Community Resilience

How Cooking Changes a Community in Calauan
– Inside a School Feeding Program in the Philippines

Written by Micaela Wu, who served on GFN’s communications team from 2021-2024.

For food bank Rise Against Hunger Philippines (RAHP), school feeding programs are their bread and butter. A significant portion of the food bank’s resources are dedicated to reducing child malnutrition by providing hot meals and food parcels to school-age children. One of RAHP’s well-established school feeding programs is located at Don Bosco Technical Vocational and Education Center in Calauan, a community about two hours outside of Manila. After visiting the program in real life, I understand what Jomar Fleras, RAHP’s executive director, means when he says that it takes a village to feed a child.

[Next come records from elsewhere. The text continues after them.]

-- ===== src/Primitives/Transaction/Encode/Encodable.antt =====
-- The transactions that `encode_with_mode` of transaction.rs can write in their format.
use fluxd_rust.Prelude.{
  ℕ, ◌≡◌, ◌⊎◌, ◌↔◌, ◌<◌, ◌^◌, ◌/◌, ◌%◌, ◌==◌, inl, inr, Bool-cases, arith, refl, List, [], ◌∷◌,
  Bool, true, false, ◌&&◌, Option, none, some,
}
use fluxd_rust.Prelude.Int.{ℤ, pos, leb_ℤ}
use fluxd_rust.Prelude.Result.{Result, ok, ◌>>=◌}
use fluxd_rust.Primitives.Bytes.{as_unsigned}
use fluxd_rust.Primitives.Encoding.Reads.{All}
use fluxd_rust.Primitives.FluxnodeTransaction.{
  FluxnodeDelegates, FluxnodeStartVariantV6, normal, p2sh, FluxnodeTxV5, FluxnodeTxV6, start_v6,
  confirm_v6, v5, v6,
}
use fluxd_rust.Primitives.FluxnodeTransaction.Version.{is_normal, is_p2sh, low_bits_decide}
use fluxd_rust.Primitives.FluxnodeTransaction.Decode.StartV6.{Agrees, Given}
use fluxd_rust.Primitives.Transaction.{Transaction}
use fluxd_rust.Primitives.Transaction.Errors.{TransactionEncodeError}
use fluxd_rust.Primitives.Transaction.JoinSplits.{SproutProof, groth, phgr, JoinSplit, is_groth}

-- A result that is no error.
abbrev pub Succeeds : {A : Type 0} → Result TransactionEncodeError A → Type 0
Succeeds {A} r = (a : A) × (r ≡ ok a)

-- The variant of a start is the one that the two lowest bits of its version name.
abbrev MatchesBits : FluxnodeStartVariantV6 → ℤ → Type 0
MatchesBits (normal _ _ _ _ _) version = as_unsigned (2 ^ 32) version % 4 ≡ 1
MatchesBits (p2sh _ _ _ _ _) version = as_unsigned (2 ^ 32) version % 4 ≡ 2

-- The bit for delegates is not set, they are not in use, or they are there.
abbrev HasDelegates : ℕ → Bool → Option FluxnodeDelegates → Type 0
HasDelegates bit used delegates =
    (bit ≡ 0) ⊎ ((used ≡ false) ⊎ ((d : FluxnodeDelegates) × (delegates ≡ some d)))

abbrev pub IsEncodableV6 : FluxnodeTxV6 → Type 0
IsEncodableV6 (confirm_v6 confirm) = Unit {0}
IsEncodableV6 (start_v6 start) =
    MatchesBits start.variant start.flux_tx_version
    × HasDelegates (as_unsigned (2 ^ 32) start.flux_tx_version / 2 ^ 8 % 2) start.using_delegates
        start.delegates

abbrev pub AllGroth : List JoinSplit → Type 0
AllGroth splits = All (λ j. (proof : List ℕ) × (j.proof ≡ groth proof)) splits

abbrev pub AllPhgr : List JoinSplit → Type 0
AllPhgr splits = All (λ j. (proof : List ℕ) × (j.proof ≡ phgr proof)) splits

-- The five formats of a transaction, each with the payload or the kind of proofs that it holds. The
-- first version of the format without the flag of overwinter has no place for join splits.
pub data IsEncodable (tx : Transaction) : Type 0 where
  with_v5 :
      (payload : FluxnodeTxV5)
      → tx.version ≡ pos 5
      → tx.f_overwintered ≡ false
      → tx.fluxnode ≡ some (v5 payload)
      → IsEncodable tx
  with_v6 :
      (payload : FluxnodeTxV6)
      → tx.version ≡ pos 6
      → tx.f_overwintered ≡ false
      → tx.fluxnode ≡ some (v6 payload)
      → IsEncodableV6 payload
      → IsEncodable tx
  sprout :
      ¬ (tx.version ≡ pos 5)
      → ¬ (tx.version ≡ pos 6)
      → tx.f_overwintered ≡ false
      → (leb_ℤ (pos 2) tx.version ≡ false) ⊎ AllPhgr tx.join_splits
      → IsEncodable tx
  overwinter :
      tx.version ≡ pos 3
      → tx.f_overwintered ≡ true
      → tx.version_group_id ≡ 0x03c4_8270
      → AllPhgr tx.join_splits
      → IsEncodable tx
  sapling :
      tx.version ≡ pos 4
      → tx.f_overwintered ≡ true
      → tx.version_group_id ≡ 0x892f_2085
      → AllGroth tx.join_splits
      → IsEncodable tx

-- What the encoder tests of a start.
pub Agrees-MatchesBits :
    (v : FluxnodeStartVariantV6) (version : ℤ)
    → Agrees v (is_normal version) (is_p2sh version) ↔ MatchesBits v version
Agrees-MatchesBits (normal _ _ _ _ _) version =
    let (n, p) = low_bits_decide version in rw n (λ h. ground arith, λ h. ground arith)
Agrees-MatchesBits (p2sh _ _ _ _ _) version =
    let (n, p) = low_bits_decide version in
    rw (n, p) (λ h. ground (arith, h.1), λ h. (ground arith, ground arith))

pub Given-HasDelegates :
    (bit : ℕ) (used : Bool) (delegates : Option FluxnodeDelegates)
    → bit < 2
    → Given ((bit == 1) && used) delegates ↔ HasDelegates bit used delegates
Given-HasDelegates bit false delegates low = elim (Bool-cases (bit == 1)) [
  | inl e ↦ rw e (λ h. inr (inl refl), λ h. tt)
  | inr e ↦ rw e (λ h. inr (inl refl), λ h. tt)
]
Given-HasDelegates bit true (some d) low = elim (Bool-cases (bit == 1)) [
  | inl e ↦ rw e (λ h. inr (inr (d, refl)), λ h. tt)
  | inr e ↦ rw e (λ h. inr (inr (d, refl)), λ h. tt)
]
Given-HasDelegates bit true none low = elim (Bool-cases (bit == 1)) [
  | inl e ↦ rw e (λ h. absurd h, absent e)
  | inr e ↦ rw e (λ h. inl (ground arith), λ h. tt)
]
  where
    absent : (bit == 1) ≡ true → HasDelegates bit true none → ⊥
    absent e (inl zero_bit) = ground arith
    absent e (inr (inl unused)) = cc
    absent e (inr (inr (d, held))) = cc

-- What the encoder tests of the proofs.
is_groth-groth : (p : SproutProof) → (is_groth p ≡ true) ↔ ((proof : List ℕ) × (p ≡ groth proof))
is_groth-groth (groth proof) = (λ h. (proof, refl), λ h. refl)
is_groth-groth (phgr proof) = (λ h. cc, λ h. cc)

is_groth-phgr : (p : SproutProof) → (is_groth p ≡ false) ↔ ((proof : List ℕ) × (p ≡ phgr proof))
is_groth-phgr (groth proof) = (λ h. cc, λ h. cc)
is_groth-phgr (phgr proof) = (λ h. (proof, refl), λ h. refl)

abbrev pub AllKind : Bool → List JoinSplit → Type 0
AllKind use_groth splits = All (λ j. is_groth j.proof ≡ use_groth) splits

pub AllKind-groth : (js : List JoinSplit) → AllKind true js ↔ AllGroth js
AllKind-groth [] = (λ h. tt, λ h. tt)
AllKind-groth (j ∷ js) = (
  λ h. ((is_groth-groth j.proof).0 h.0, (AllKind-groth js).0 h.1),
  λ h. ((is_groth-groth j.proof).1 h.0, (AllKind-groth js).1 h.1),
)

pub AllKind-phgr : (js : List JoinSplit) → AllKind false js ↔ AllPhgr js
AllKind-phgr [] = (λ h. tt, λ h. tt)
AllKind-phgr (j ∷ js) = (
  λ h. ((is_groth-phgr j.proof).0 h.0, (AllKind-phgr js).0 h.1),
  λ h. ((is_groth-phgr j.proof).1 h.0, (AllKind-phgr js).1 h.1),
)

pub Succeeds-bind :
    {A B : Type 0} {r : Result TransactionEncodeError A}
    (next : A → Result TransactionEncodeError B)
    → Succeeds r
    → ((a : A) → Succeeds (next a))
    → Succeeds (r >>= next)
Succeeds-bind next (a, h) k = rw h (k a)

As Fleras and I walked up to the small school feeding building around 9:00 in the morning, a woman was giving a rice porridge breakfast to a child, the last ladleful to be served that morning. The girl quickly grabbed her bowl of food and then ran off, to school, I presumed. Toward the back of the building, behind the serving area, a dozen women were preparing pancit, or stir-fried noodles with vegetables and meat, to be served for lunch in just a few hours.

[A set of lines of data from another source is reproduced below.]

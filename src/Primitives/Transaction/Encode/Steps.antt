-- ===== src/Primitives/Transaction/Encode/Steps.antt =====
-- transaction.rs: what each step of the encoder tests, as it ends without an error.
use Prim.Native.String.{String}
use fluxd_rust.Prelude.{
  ◌≡◌, ◌⊎◌, ◌↔◌, ◌^◌, ◌/◌, ◌%◌, ◌==◌, refl, List, [], ◌∷◌, Bool, true, false, not, ◌&&◌, ◌||◌,
  Option, none, some, if◌then◌else◌, inl, inr, arith,
}
use fluxd_rust.Prelude.Int.{pos, leb_ℤ}
use fluxd_rust.Prelude.Result.{Result, ok, err, ◌>>=◌, >>=-eq-ok, fail_if, fail_if-eq-ok}
use fluxd_rust.Primitives.Bytes.{as_unsigned}
use fluxd_rust.Primitives.Encoding.{Encoder}
use fluxd_rust.Primitives.FluxnodeTransaction.{
  FluxnodeDelegates, FluxnodeStartVariantV6, normal, p2sh, FluxnodeTxV5, start_v5, confirm_v5,
  FluxnodeTxV6, start_v6, confirm_v6, FluxnodeTx, v5, v6,
}
use fluxd_rust.Primitives.FluxnodeTransaction.Version.{
  is_normal, is_p2sh, has_flux_tx_delegates_feature,
}
use fluxd_rust.Primitives.FluxnodeTransaction.Encode.{
  write_variant, write_flagged_delegates, write_start_v6, encode_fluxnode_v5, encode_fluxnode_v6,
}
use fluxd_rust.Primitives.FluxnodeTransaction.Decode.StartV6.{Agrees, Given}
use fluxd_rust.Primitives.Transaction.{Transaction}
use fluxd_rust.Primitives.Transaction.Errors.{TransactionEncodeError, invalid_format}
use fluxd_rust.Primitives.Transaction.JoinSplits.{
  SproutProof, groth, phgr, JoinSplit, is_groth, write_proof, write_join_split,
}
use fluxd_rust.Primitives.Transaction.Encode.{
  encode_present, write_each_split, write_join_splits, write_inputs, encode_formats,
}
use fluxd_rust.Primitives.Transaction.Encode.Encodable.{
  Succeeds, Succeeds-bind, IsEncodableV6, AllKind, Agrees-MatchesBits, Given-HasDelegates,
}

pub bind-Succeeds :
    {A B : Type 0} (r : Result TransactionEncodeError A)
    (next : A → Result TransactionEncodeError B)
    → Succeeds (r >>= next)
    → (a : A) × (r ≡ ok a) × Succeeds (next a)
bind-Succeeds r next (b, h) = let (a, e, k) = >>=-eq-ok r next h in (a, e, (b, k))

write_proof-Succeeds :
    (proof : SproutProof) (use_groth : Bool) (e : Encoder)
    → Succeeds (write_proof proof use_groth e) ↔ (is_groth proof ≡ use_groth)
unfolding write_proof
write_proof-Succeeds (groth proof) true e = (λ h. refl, λ h. (_, refl))
write_proof-Succeeds (groth proof) false e = (λ h. let k = h.1 in cc, λ h. cc)
write_proof-Succeeds (phgr proof) true e = (λ h. let k = h.1 in cc, λ h. cc)
write_proof-Succeeds (phgr proof) false e = (λ h. refl, λ h. (_, refl))

write_each_split-Succeeds :
    (use_groth : Bool) (js : List JoinSplit) (e : Encoder)
    → Succeeds (write_each_split use_groth js e) ↔ AllKind use_groth js
unfolding write_each_split write_join_split
write_each_split-Succeeds use_groth [] e = (λ h. tt, λ h. (e, refl))
write_each_split-Succeeds use_groth (j ∷ js) e = (
  λ h.
      let (e₁, first, rest) = bind-Succeeds (write_join_split use_groth j e) _ h in
      let (e₂, proof, _) = bind-Succeeds (write_proof j.proof use_groth _) _ (e₁, first) in
      (
        (write_proof-Succeeds j.proof use_groth _).0 (e₂, proof),
        (write_each_split-Succeeds use_groth js e₁).0 rest,
      ),
  λ h.
      Succeeds-bind (write_each_split use_groth js)
        (Succeeds-bind _ ((write_proof-Succeeds j.proof use_groth _).1 h.0) λ e'. (_, refl))
        λ e'. (write_each_split-Succeeds use_groth js e').1 h.1,
)

write_variant-Succeeds :
    (v : FluxnodeStartVariantV6) (n p include_signatures : Bool) (e : Encoder)
    → Succeeds (write_variant v n p include_signatures e) ↔ Agrees v n p
unfolding write_variant
write_variant-Succeeds (normal _ _ _ _ _) true p s e = (λ h. refl, λ h. (_, refl))
write_variant-Succeeds (normal _ _ _ _ _) false true s e = (λ h. let k = h.1 in cc, λ h. cc)
write_variant-Succeeds (normal _ _ _ _ _) false false s e = (λ h. let k = h.1 in cc, λ h. cc)
write_variant-Succeeds (p2sh _ _ _ _ _) true p s e =
    (λ h. let k = h.1 in cc, λ h. let k = h.0 in cc)
write_variant-Succeeds (p2sh _ _ _ _ _) false true s e = (λ h. (refl, refl), λ h. (_, refl))
write_variant-Succeeds (p2sh _ _ _ _ _) false false s e =
    (λ h. let k = h.1 in cc, λ h. let k = h.1 in cc)

write_flagged-Succeeds :
    (feature used : Bool) (delegates : Option FluxnodeDelegates) (e : Encoder)
    → Succeeds (if feature then write_flagged_delegates used delegates e else ok e)
      ↔ Given (feature && used) delegates
unfolding write_flagged_delegates
write_flagged-Succeeds false used delegates e = (λ h. tt, λ h. (e, refl))
write_flagged-Succeeds true false delegates e = (λ h. tt, λ h. (_, refl))
write_flagged-Succeeds true true none e = (λ h. let k = h.1 in cc, λ h. absurd h)
write_flagged-Succeeds true true (some d) e = (λ h. tt, λ h. (_, refl))

encode_v6-Succeeds :
    (payload : FluxnodeTxV6) (include_signatures : Bool) (e : Encoder)
    → Succeeds (encode_fluxnode_v6 (v6 payload) include_signatures e) ↔ IsEncodableV6 payload
unfolding encode_fluxnode_v6 write_start_v6 has_flux_tx_delegates_feature
encode_v6-Succeeds (confirm_v6 confirm) s e = (λ h. tt, λ h. (_, refl))
encode_v6-Succeeds (start_v6 start) s e =
    let version = start.flux_tx_version in
    let bit = as_unsigned (2 ^ 32) version / 2 ^ 8 % 2 in
    let n = is_normal version in
    let p = is_p2sh version in
    let given = Given-HasDelegates bit start.using_delegates start.delegates (omega arith) in
    (
      λ h.
          let (e₁, variant, tail) = bind-Succeeds (write_variant start.variant n p s _) _ h in
          (
            (Agrees-MatchesBits start.variant version).0
                ((write_variant-Succeeds start.variant n p s _).0 (e₁, variant)),
            given.0 (
                (write_flagged-Succeeds (bit == 1) start.using_delegates start.delegates e₁).0
                  tail),
          ),
      λ h.
          Succeeds-bind _
            ((write_variant-Succeeds start.variant n p s _).1
              ((Agrees-MatchesBits start.variant version).1 h.0))
            λ e'.
              (write_flagged-Succeeds (bit == 1) start.using_delegates start.delegates e').1
                (given.1 h.1),
    )

Succeeds-encode_v5 :
    (payload : FluxnodeTxV5) (include_signatures : Bool) (e : Encoder)
    → Succeeds (encode_fluxnode_v5 (v5 payload) include_signatures e)
unfolding encode_fluxnode_v5
Succeeds-encode_v5 (start_v5 start) include_signatures e = (_, refl)
Succeeds-encode_v5 (confirm_v5 confirm) include_signatures e = (_, refl)

pub present_v5 :
    (f : Bool) (o : Option FluxnodeTx) (missing : String) (include_signatures : Bool) (e : Encoder)
    → Succeeds (
        if f
        then err (invalid_format "fluxnode tx must not be overwintered")
        else encode_present encode_fluxnode_v5 missing include_signatures o e)
      ↔ ((f ≡ false) × ((payload : FluxnodeTxV5) × (o ≡ some (v5 payload))))
unfolding encode_present
present_v5 true o missing s e = (λ h. let k = h.1 in cc, λ h. let k = h.0 in cc)
present_v5 false none missing s e = (λ h. let k = h.1 in cc, λ h. let k = h.1.1 in cc)
present_v5 false (some (v6 body)) missing s e =
    unfold encode_fluxnode_v5 in (λ h. let k = h.1 in cc, λ h. let k = h.1.1 in cc)
present_v5 false (some (v5 body)) missing s e =
    (λ h. (refl, (body, refl)), λ h. Succeeds-encode_v5 body s e)

pub present_v6 :
    (f : Bool) (o : Option FluxnodeTx) (missing : String) (include_signatures : Bool) (e : Encoder)
    → Succeeds (
        if f
        then err (invalid_format "fluxnode tx must not be overwintered")
        else encode_present encode_fluxnode_v6 missing include_signatures o e)
      ↔ ((f ≡ false) × ((payload : FluxnodeTxV6) × (o ≡ some (v6 payload)) × IsEncodableV6 payload))
unfolding encode_present
present_v6 true o missing s e = (λ h. let k = h.1 in cc, λ h. let k = h.0 in cc)
present_v6 false none missing s e = (λ h. let k = h.1 in cc, λ h. let k = h.1.1 in cc)
present_v6 false (some (v5 body)) missing s e =
    unfold encode_fluxnode_v6 in (λ h. let k = h.1 in cc, λ h. let k = h.1.1 in cc)
present_v6 false (some (v6 body)) missing s e = (
  λ h. (refl, (body, refl, (encode_v6-Succeeds body s e).0 h)),
  λ h.
      let (payload, same, v) = h.1 in rw (same_payload same) ((encode_v6-Succeeds payload s e).1 v),
)
  where
    same_payload :
        {a b : FluxnodeTxV6} → ◌≡◌ {A = Option FluxnodeTx} (some (v6 a)) (some (v6 b)) → a ≡ b
    same_payload h = cc

module _ (tx : Transaction) where
  abbrev pub use_groth : Bool
  use_groth = tx.f_overwintered && leb_ℤ (pos 4) tx.version

  write_splits-Succeeds :
      (b : Bool) (e : Encoder)
      → Succeeds (if b then write_join_splits tx e else ok e)
        ↔ ((b ≡ false) ⊎ AllKind use_groth tx.join_splits)
  unfolding write_join_splits
  write_splits-Succeeds false e = (λ h. inl refl, λ h. (e, refl))
  write_splits-Succeeds true e = (
    λ h.
        let (e₁, each, _) = bind-Succeeds (write_each_split use_groth tx.join_splits _) _ h in
        inr ((write_each_split-Succeeds use_groth tx.join_splits _).0 (e₁, each)),
    given,
  )
    where
      given : (true ≡ false) ⊎ AllKind use_groth tx.join_splits → Succeeds (write_join_splits tx e)
      given (inl h) = cc
      given (inr h) =
          Succeeds-bind _ ((write_each_split-Succeeds use_groth tx.join_splits _).1 h)
            λ e'. (_, refl)

  pub encode_formats-Succeeds :
      (v3 v4 : Bool) (e : Encoder)
      → Succeeds (encode_formats tx v3 v4 e) ↔ (
          ((tx.f_overwintered && not (v3 || v4)) ≡ false)
          × ((leb_ℤ (pos 2) tx.version ≡ false) ⊎ AllKind use_groth tx.join_splits))
  unfolding encode_formats
  encode_formats-Succeeds v3 v4 e = (
    λ h.
        let (_, known, rest) =
          bind-Succeeds
            (fail_if (tx.f_overwintered && not (v3 || v4))
              (invalid_format "unknown overwinter transaction format"))
            _ h in
        let (e₁, splits, _) =
          bind-Succeeds
            (if leb_ℤ (pos 2) tx.version
              then write_join_splits tx (write_inputs tx v3 v4 e)
              else ok (write_inputs tx v3 v4 e))
            _ rest in
        (
          fail_if-eq-ok _ _ known,
          (write_splits-Succeeds (leb_ℤ (pos 2) tx.version) (write_inputs tx v3 v4 e)).0
              (e₁, splits),
        ),
    λ h. rw h.0 (
        Succeeds-bind _
          ((write_splits-Succeeds (leb_ℤ (pos 2) tx.version) (write_inputs tx v3 v4 e)).1 h.1)
          λ e'. (_, refl)),
  )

Outside the school feeding building, we were warmly greeted by Realayca Dediles, the head secretary of the feeding center at Don Bosco Technical Vocational and Education Center. She was eager to take me around the facilities, a small two-room building with an indoor kitchen and outdoor food preparation area. Both rooms were bustling with activity — outside, five women were chopping heads of cabbages (of which there seemed to be no end) while others inside, were cooking noodles in 50-gallon pots over an open flame.

During the car ride over to Don Bosco Feeding Center, I learned from Jomar that this community in Calauan created as a resettlement area for people displaced by natural disasters and conflict. The community was established with little infrastructure and counted few job opportunities, hunger and poverty rates are high. When RAHP was established in 2015, Calauan was an area they received multiple requests for food distribution.

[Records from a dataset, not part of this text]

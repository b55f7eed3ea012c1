-- ===== src/Primitives/Transaction/Encode/Success.antt =====
-- transaction.rs: `encode_with_mode` ends without an error just on the transactions of its formats.
use fluxd_rust.Prelude.{
  ℕ, ◌≡◌, ◌⊎◌, ◌↔◌, refl, List, Bool, true, false, not, ◌&&◌, ◌||◌, inl, inr, Bool-cases, arith,
}
use fluxd_rust.Prelude.Int.{ℤ, pos, eq_ℤ, eq_ℤ-true, leb_ℤ}
use fluxd_rust.Prelude.Result.{ok}
use fluxd_rust.Primitives.Encoding.{Encoder, new_encoder}
use fluxd_rust.Primitives.Transaction.{Transaction, is_overwinter_v3, is_sapling_v4}
use fluxd_rust.Primitives.Transaction.Encode.{
  encode_payload, encode_body, encode_into, encode_with_mode,
}
use fluxd_rust.Primitives.Transaction.Encode.Encodable.{
  Succeeds, Succeeds-bind, IsEncodable, with_v5, with_v6, sprout, overwinter, sapling, AllKind,
  AllKind-groth, AllKind-phgr,
}
use fluxd_rust.Primitives.Transaction.Encode.Steps.{
  bind-Succeeds, present_v5, present_v6, encode_formats-Succeeds,
}

eq_ℤ-false : (a b : ℤ) → ¬ (a ≡ b) → eq_ℤ a b ≡ false
eq_ℤ-false a b other = elim (Bool-cases (eq_ℤ a b)) [
  | inl same ↦ absurd (other (eq_ℤ-true a b same))
  | inr different ↦ different
]

taken : {A : Type 0} → (true ≡ false) ⊎ A → A
taken (inl h) = cc
taken (inr a) = a

module _ (tx : Transaction) where
  -- The formats that are not those of fluxnodes, from the encoder's tests.
  formats-IsEncodable :
      (f : Bool)
      → tx.f_overwintered ≡ f
      → ¬ (tx.version ≡ pos 5)
      → ¬ (tx.version ≡ pos 6)
      → (f
          && not (
              is_overwinter_v3 f tx.version_group_id tx.version
              || is_sapling_v4 f tx.version_group_id tx.version))
        ≡ false
      → (leb_ℤ (pos 2) tx.version ≡ false) ⊎ AllKind (f && leb_ℤ (pos 4) tx.version) tx.join_splits
      → IsEncodable tx
  formats-IsEncodable false flag not_5 not_6 known (inl first) = sprout not_5 not_6 flag (inl first)
  formats-IsEncodable false flag not_5 not_6 known (inr kinds) =
      sprout not_5 not_6 flag (inr ((AllKind-phgr tx.join_splits).0 kinds))
  formats-IsEncodable true flag not_5 not_6 known splits =
      elim (Bool-cases (is_overwinter_v3 true tx.version_group_id tx.version)) [
        | inl v3 ↦
            let three = eq_ℤ-true tx.version (pos 3) (ground arith) in
            overwinter three flag (ground arith)
              ((AllKind-phgr tx.join_splits).0 (taken (rw three at splits)))
        | inr other ↦
            let v4 : is_sapling_v4 true tx.version_group_id tx.version ≡ true = ground arith in
            let four = eq_ℤ-true tx.version (pos 4) (ground arith) in
            sapling four flag (ground arith)
              ((AllKind-groth tx.join_splits).0 (taken (rw four at splits)))
      ]

  IsEncodable-encode_body :
      (include_signatures : Bool) (e : Encoder)
      → Succeeds (encode_body tx include_signatures e)
      → IsEncodable tx
  unfolding encode_body encode_payload
  IsEncodable-encode_body s e h = elim (Bool-cases (eq_ℤ tx.version (pos 5))) [
    | inl five ↦
        let (flag, (payload, held)) =
          (present_v5 tx.f_overwintered tx.fluxnode _ s e).0 (rw five at h) in
        with_v5 payload (eq_ℤ-true tx.version (pos 5) five) flag held
    | inr not_5 ↦ elim (Bool-cases (eq_ℤ tx.version (pos 6))) [
      | inl six ↦
          let (flag, (payload, held, good)) =
            (present_v6 tx.f_overwintered tx.fluxnode _ s e).0 (rw (not_5, six) at h) in
          with_v6 payload (eq_ℤ-true tx.version (pos 6) six) flag held good
      | inr not_6 ↦
          let v3 = is_overwinter_v3 tx.f_overwintered tx.version_group_id tx.version in
          let v4 = is_sapling_v4 tx.f_overwintered tx.version_group_id tx.version in
          let (known, splits) = (encode_formats-Succeeds tx v3 v4 e).0 (rw (not_5, not_6) at h) in
          formats-IsEncodable tx.f_overwintered refl (λ v. ground arith) (λ v. ground arith) known
            splits
    ]
  ]

  formats-encoded :
      (include_signatures : Bool) (e : Encoder)
      → eq_ℤ tx.version (pos 5) ≡ false
      → eq_ℤ tx.version (pos 6) ≡ false
      → (tx.f_overwintered
          && not (
              is_overwinter_v3 tx.f_overwintered tx.version_group_id tx.version
              || is_sapling_v4 tx.f_overwintered tx.version_group_id tx.version))
        ≡ false
      → (leb_ℤ (pos 2) tx.version ≡ false)
        ⊎ AllKind (tx.f_overwintered && leb_ℤ (pos 4) tx.version) tx.join_splits
      → Succeeds (encode_body tx include_signatures e)
  unfolding encode_body
  formats-encoded s e not_5 not_6 known splits =
      rw (not_5, not_6)
        ((encode_formats-Succeeds tx
            (is_overwinter_v3 tx.f_overwintered tx.version_group_id tx.version)
            (is_sapling_v4 tx.f_overwintered tx.version_group_id tx.version) e).1
          (known, splits))

  encode_body-IsEncodable :
      (include_signatures : Bool) (e : Encoder)
      → IsEncodable tx
      → Succeeds (encode_body tx include_signatures e)
  unfolding encode_body encode_payload
  encode_body-IsEncodable s e (with_v5 payload five flag held) =
      rw five ((present_v5 tx.f_overwintered tx.fluxnode _ s e).1 (flag, (payload, held)))
  encode_body-IsEncodable s e (with_v6 payload six flag held good) =
      rw six ((present_v6 tx.f_overwintered tx.fluxnode _ s e).1 (flag, (payload, held, good)))
  encode_body-IsEncodable s e (sprout not_5 not_6 flag splits) =
      let kinds : (leb_ℤ (pos 2) tx.version ≡ false) ⊎ AllKind false tx.join_splits = elim splits [
        | inl first ↦ inl first
        | inr proofs ↦ inr ((AllKind-phgr tx.join_splits).1 proofs)
      ] in
      formats-encoded s e (eq_ℤ-false tx.version (pos 5) not_5)
        (eq_ℤ-false tx.version (pos 6) not_6) (rw flag refl) (rw flag kinds)
  encode_body-IsEncodable s e (overwinter three flag group kinds) =
      formats-encoded s e (rw three refl) (rw three refl) (rw (three, flag, group) refl)
        (rw (three, flag) (inr ((AllKind-phgr tx.join_splits).1 kinds)))
  encode_body-IsEncodable s e (sapling four flag group kinds) =
      formats-encoded s e (rw four refl) (rw four refl) (rw (four, flag, group) refl)
        (rw (four, flag) (inr ((AllKind-groth tx.join_splits).1 kinds)))

  -- Encoding a transaction ends without an error, with the signatures or without them, exactly when
  -- the transaction is of one of these formats: version 5 or 6 without the flag of overwinter and with
  -- a payload of that version, where a start of version 6 has the variant that the lowest bits of
  -- its own version name, and has the delegates if it uses them and the version has their bit;
  -- another version without the flag, with PHGR proofs in its join splits if it is not below 2;
  -- version 3 with the flag, the group of overwinter and PHGR proofs; or version 4 with the flag, the
  -- group of Sapling and Groth proofs.
  pub encode_with_mode-IsEncodable :
      (include_signatures : Bool)
      → ((bytes : List ℕ) × (encode_with_mode tx include_signatures ≡ ok bytes)) ↔ IsEncodable tx
  unfolding encode_with_mode encode_into
  encode_with_mode-IsEncodable s = (
    λ h.
        let (e₁, body, _) = bind-Succeeds (encode_into tx s new_encoder) _ h in
        IsEncodable-encode_body s _ (e₁, body),
    λ h. Succeeds-bind _ (encode_body-IsEncodable s _ h) λ e. (_, refl),
  )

Amid the drum of the cleavers chopping and metal spoons clanging against woks at Don Bosco, I spoke with Dediles about how the school feeding program there was made possible through RAHP’s support. “We didn’t really have a school feeding program here before,” said Dediles, when I asked what the program was like before they started partnering with RAHP in 2016. “The health department wants to help us, but the budget from the government was not enough. Rise Against Hunger’s partnership was the answer of every problem here in Calauan, especially in food.”

For the past eight years, the food bank has provided rice-soy meal supplements, vegetables, and other food staples, which Don Bosco uses to serve thousands of meals nearly every single day. Not only have these meals provided sustenance for children who might not otherwise receive a reliable, nutritious hot meal to help them grow and develop; feeding programs like this one also improve academic outcomes and incentivize children to stay in school.

“For some of the students, before, they couldn’t go to school because their stomach was empty so they can’t join the activities,” Dediles said. Children who have enough to eat are also much more likely to do well in school. Thanks to the school feeding program, over 3,500 children receive meals every day from the Don Bosco Feeding Center. And on a monthly basis, the center conducts nutrition monitoring and measures the children’s heights and weights to track their growth and development, especially those that are severely undernourished.

As Dediles led me to the meal packaging area, fragrant wafts of soy and fish sauce filled the air and a cook brought out a huge pan of the finished pancit, which she started packaging into smaller containers for lunchtime distribution. Soon, the women transitioned to cleaning and getting ready for the next day of food preparation, and I was amazed to learn just how much time and energy these women dedicate to this job, which is fully voluntary. “They come here at 5:00 in the morning … Most of the women live nearby, and some of them have been volunteers for five or six years here. They come every day, Monday through Sunday. Being a volunteer is a part of their daily life,” said Dediles.

Though our conversation was only about 20 minutes long, Dediles’ passion and enthusiasm for this work were contagious and left me thinking that we had been talking for hours. “I really enjoy working here,” she told me excitedly, laughing. “When I get to see and monitor the children [‘s nutritional status], I feel so lucky that I am here [and to be the one] helping them. So, I’m so grateful to be here at Don Bosco Calauan.”

As Fleras and I said our goodbyes and hopped in the car to visit another school feeding program supported by RAHP, I was filled with gratitude and awe for the community of women at the Don Bosco Feeding Center who demonstrate unwavering commitment to ending child hunger and the impact that the food bank has on children and community’s livelihoods.